Some patients with periprosthetic infection will have typical clinical manifestations of the sinus tract, and it has been shown that nearly one-third of patients with periprosthetic infection will develop sinus tracts [25, 26]. The sinus tract, as the main standard, plays an important role in the diagnosis of periprosthetic infection, while the therapeutic effect of the sinus tract on periprosthetic infection is also worthy of attention. A recent study demonstrated that the presence of sinus tracts adversely affect treatment outcomes in patients with periprosthetic infections [13]. Marculescu et al. retrospectively analyzed 91 patients with PJI who underwent DAIR, and multivariate analysis showed that the presence of sinus tract (HR 2.84; 95% CI 1.48–5.44; p = 0.002) was an independent risk factors for treatment failure [27]. Fu et al. retrospectively analyzed 81 patients with PJI after knee arthroplasty who underwent two-stage revision, their study showed that the presence of sinus tract before surgery was also a risk factor for reinfection after two-stage revision [28]. In our study, eight patients had sinus tracts in the non-reinfection group, while six patients had sinus tracts in the reinfection group. After risk factor analysis, we found that the presence of sinus tract was an independent risk factor for prosthesis removal and antibiotic bone cement spacer implantation failure (HR = 5.117, 95% CI: 1.199 − 21.828; p = 0.027). The specific reasons the presence of sinus tracts affects the treatment outcome of periprosthetic infections are currently unknown. Xu et al. proposed some possible explanations, and they concluded that patients with sinus tracts tend to have poor soft tissue conditions and may require additional procedures during surgery [13]. Therefore, we believe that sinus tract formation has a non-negligible influence on the treatment of periprosthetic infection, and surgeons should be aware of this effect.
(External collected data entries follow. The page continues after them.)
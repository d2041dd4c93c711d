-- ===== src/Http/Curl/Parser/ByteSteps.antt =====
-- A byte in the parser of curl.cpp and in the scan of a response.
use mathlib.Core.List.{append_assoc}
use azure_sdk_for_cpp.Base.{
  ℕ, ◌≡◌, refl, ◌∙◌, sym, ap, subst, inl, inr, Bool, true, false, not, ◌&&◌, [], ◌∷◌, ◌++◌, ◌==◌,
  if◌then◌else◌, length-append, Bytes, is_empty, arith, Bool-cases,
}
use azure_sdk_for_cpp.Http.Url.Queries.{pop_back-concat}
use azure_sdk_for_cpp.Http.Curl.Parser.{
  ResponseBufferParser, Round, go, end_line, pass_byte, after_line, parse_byte,
}
use azure_sdk_for_cpp.Http.Curl.Parser.Scan.{Scan, stray, Move, on, off, scan_line_feed, scan_byte}
use azure_sdk_for_cpp.Http.Curl.Parser.Lines.{stray-AgreeRound, end_line-Agree}
use azure_sdk_for_cpp.Http.Curl.Parser.Agreement.{strip, Agree, AgreeRound}

third_and : {A : Type 0} (b d e : Bool) (x y : A) → e ≡ false → (if b && d && e then x else y) ≡ y
third_and true true e x y h = rw h refl
third_and true false e x y h = refl
third_and false d e x y h = refl

module _ {A : Type 0} (b d e : Bool) (x y z : A) where
  first_branch : b ≡ true → (if b then x else if d && e then y else z) ≡ x
  first_branch h = rw h refl

  second_branch : b ≡ false → d ≡ true → e ≡ true → (if b then x else if d && e then y else z) ≡ y
  second_branch h k l = rw (h, k, l) refl

  third_branch : b ≡ false → e ≡ false → (if b then x else if d && e then y else z) ≡ z
  third_branch h k = rw (h, k) (rw (and-false d) refl)
    where
      and-false : (d : Bool) → (d && false) ≡ false
      and-false true = refl
      and-false false = refl

module _ {A : Type 0} (b r d : Bool) (w x y z v : A) where
  scan_first :
      b ≡ true
      → r ≡ false
      → (if b then (if r then w else x) else if not r then y else if d then z else v) ≡ x
  scan_first h k = rw (h, k) refl

  scan_stray_return :
      b ≡ true
      → r ≡ true
      → (if b then (if r then w else x) else if not r then y else if d then z else v) ≡ w
  scan_stray_return h k = rw (h, k) refl

  scan_plain :
      b ≡ false
      → r ≡ false
      → (if b then (if r then w else x) else if not r then y else if d then z else v) ≡ y
  scan_plain h k = rw (h, k) refl

  scan_line_end :
      b ≡ false
      → r ≡ true
      → d ≡ true
      → (if b then (if r then w else x) else if not r then y else if d then z else v) ≡ z
  scan_line_end h k l = rw (h, k, l) refl

  scan_stray :
      b ≡ false
      → r ≡ true
      → d ≡ false
      → (if b then (if r then w else x) else if not r then y else if d then z else v) ≡ v
  scan_stray h k l = rw (h, k, l) refl

-- A carriage return, after none.
return-AgreeRound :
    (seg rest : Bytes) (start index : ℕ) (p : ResponseBufferParser) (a : Scan)
    → Agree seg start index p a
    → a.returned ≡ false
    → AgreeRound rest index
        (go (seg ++ (b'\r' ∷ rest)) start (record p { delimiter_start_in_prev_position = true }))
        (on (record a { returned = true }))
unfolding AgreeRound
return-AgreeRound seg rest start index p a g r = (
  seg ++ (b'\r' ∷ []),
  (
    sym (append_assoc seg (b'\r' ∷ []) rest),
    record {
      response = g.response;
      state = g.state;
      delimiter = refl;
      incomplete = g.incomplete;
      line =
          ap (λ x. p.internal_buffer ++ x) (pop_back-concat seg b'\r')
          ∙ (sym (ap (λ b. p.internal_buffer ++ strip b seg) r) ∙ g.line);
      size = let s = g.size in omega (arith, length-append seg (b'\r' ∷ []));
      behind = λ k. inr (omega (arith, length-append seg (b'\r' ∷ [])));
    },
  ),
)

-- Any byte but a carriage return, after none.
pass-AgreeRound :
    (seg rest : Bytes) (start index c : ℕ) (p : ResponseBufferParser) (a : Scan)
    → Agree seg start index p a
    → a.returned ≡ false
    → AgreeRound rest index
        (go (seg ++ (c ∷ rest)) start (pass_byte index p))
        (on (record a { line = a.line ++ c ∷ [] }))
unfolding AgreeRound pass_byte
pass-AgreeRound seg rest start index c p a g r =
    let kept : (if index == 0
            && not (is_empty p.internal_buffer)
            && p.delimiter_start_in_prev_position
          then p.internal_buffer ++ b'\r' ∷ []
          else p.internal_buffer)
        ≡ p.internal_buffer =
      third_and (index == 0) (not (is_empty p.internal_buffer)) p.delimiter_start_in_prev_position
        (p.internal_buffer ++ b'\r' ∷ []) p.internal_buffer (g.delimiter ∙ r) in
    (
      seg ++ (c ∷ []),
      (
        sym (append_assoc seg (c ∷ []) rest),
        record {
          response = g.response;
          state = g.state;
          delimiter = sym r;
          incomplete = g.incomplete;
          line =
              ap
                (λ b.
                  (if index == 0
                      && not (is_empty p.internal_buffer)
                      && p.delimiter_start_in_prev_position
                    then p.internal_buffer ++ b'\r' ∷ []
                    else p.internal_buffer)
                  ++ strip b (seg ++ (c ∷ [])))
                r
              ∙ (ap (λ x. x ++ (seg ++ (c ∷ []))) kept
                  ∙ (sym (append_assoc p.internal_buffer seg (c ∷ []))
                      ∙ ap (λ x. x ++ (c ∷ []))
                          (sym (ap (λ b. p.internal_buffer ++ strip b seg) r) ∙ g.line)));
          size = let s = g.size in omega (arith, length-append seg (c ∷ []));
          behind = λ k. inr (omega (arith, length-append seg (c ∷ [])));
        },
      ),
    )

pub parse_byte-Agree :
    (seg rest : Bytes) (start index c : ℕ) (p : ResponseBufferParser) (a : Scan)
    → Agree seg start index p a
    → AgreeRound rest index
        (parse_byte (seg ++ (c ∷ rest)) start index p c rest)
        (scan_byte a c rest)
unfolding parse_byte scan_byte
parse_byte-Agree seg rest start index c p a g =
    let parsed : Round = parse_byte (seg ++ (c ∷ rest)) start index p c rest in
    let b = c == b'\r' in
    let d = c == b'\n' in
    let to_return : Move = on (record a { returned = true }) in
    let to_line : Move = on (record a { line = a.line ++ c ∷ [] }) in
    let returned_p : Round =
      go (seg ++ (c ∷ rest)) start (record p { delimiter_start_in_prev_position = true }) in
    let passed : Round = go (seg ++ (c ∷ rest)) start (pass_byte index p) in
    elim (Bool-cases a.returned) [
      | inl r ↦ elim (Bool-cases (c == b'\r')) [
        | inl e ↦
            subst (AgreeRound rest index parsed)
              (sym (
                scan_stray_return b a.returned d (off stray) to_return to_line
                  (scan_line_feed a rest) (off stray) e r))
              (stray-AgreeRound rest index parsed)
        | inr e ↦ elim (Bool-cases (c == b'\n')) [
          | inl f ↦
              subst (AgreeRound rest index parsed)
                (sym (
                  scan_line_end b a.returned d (off stray) to_return to_line (scan_line_feed a rest)
                    (off stray) e r f))
                (subst (λ x. AgreeRound rest index x (scan_line_feed a rest))
                  (sym (
                    second_branch b d p.delimiter_start_in_prev_position returned_p
                      (after_line rest index (end_line (seg ++ (c ∷ rest)) start index p)) passed e
                      f (g.delimiter ∙ r)))
                  (end_line-Agree seg rest start index c p a g r))
          | inr f ↦
              subst (AgreeRound rest index parsed)
                (sym (
                  scan_stray b a.returned d (off stray) to_return to_line (scan_line_feed a rest)
                    (off stray) e r f))
                (stray-AgreeRound rest index parsed)
        ]
      ]
      | inr r ↦ elim (Bool-cases (c == b'\r')) [
        | inl e ↦
            let same : c ≡ b'\r' = ground arith in
            subst (AgreeRound rest index parsed)
              (sym (
                scan_first b a.returned d (off stray) to_return to_line (scan_line_feed a rest)
                  (off stray) e r))
              (subst (λ x. AgreeRound rest index x (on (record a { returned = true })))
                (sym (
                  first_branch b d p.delimiter_start_in_prev_position returned_p
                    (after_line rest index (end_line (seg ++ (c ∷ rest)) start index p)) passed e))
                (rw same (return-AgreeRound seg rest start index p a g r)))
        | inr e ↦
            subst (AgreeRound rest index parsed)
              (sym (
                scan_plain b a.returned d (off stray) to_return to_line (scan_line_feed a rest)
                  (off stray) e r))
              (subst (λ x. AgreeRound rest index x (on (record a { line = a.line ++ c ∷ [] })))
                (sym (
                  third_branch b d p.delimiter_start_in_prev_position returned_p
                    (after_line rest index (end_line (seg ++ (c ∷ rest)) start index p)) passed e
                    (g.delimiter ∙ r)))
                (pass-AgreeRound seg rest start index c p a g r))
      ]
    ]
This study also has some limitations.First, this was a single-center retrospective study with a small number of included cases and possible selection bias.Second, this study included periprosthetic hip infection and periprosthetic knee infection, and readers should be aware of the difference between the two joints.Third, the follow-up duration was short, and if the follow-up duration is increased, the reinfection rate may increase.Fourth, this study had a large time span, which could not remove the difference in results caused by different surgeons.

Conclusion

In conclusion, we found that PJI patients with a history of prior revision surgery and the presence of sinus tract were significantly related to the risks of reinfection after prosthesis removal and antibiotic bone cement spacer implantation. Effectively reducing the incidence of reinfection in such patients may improve the success rate of two-stage revision arthroplasty and patients’ satisfaction postoperatively.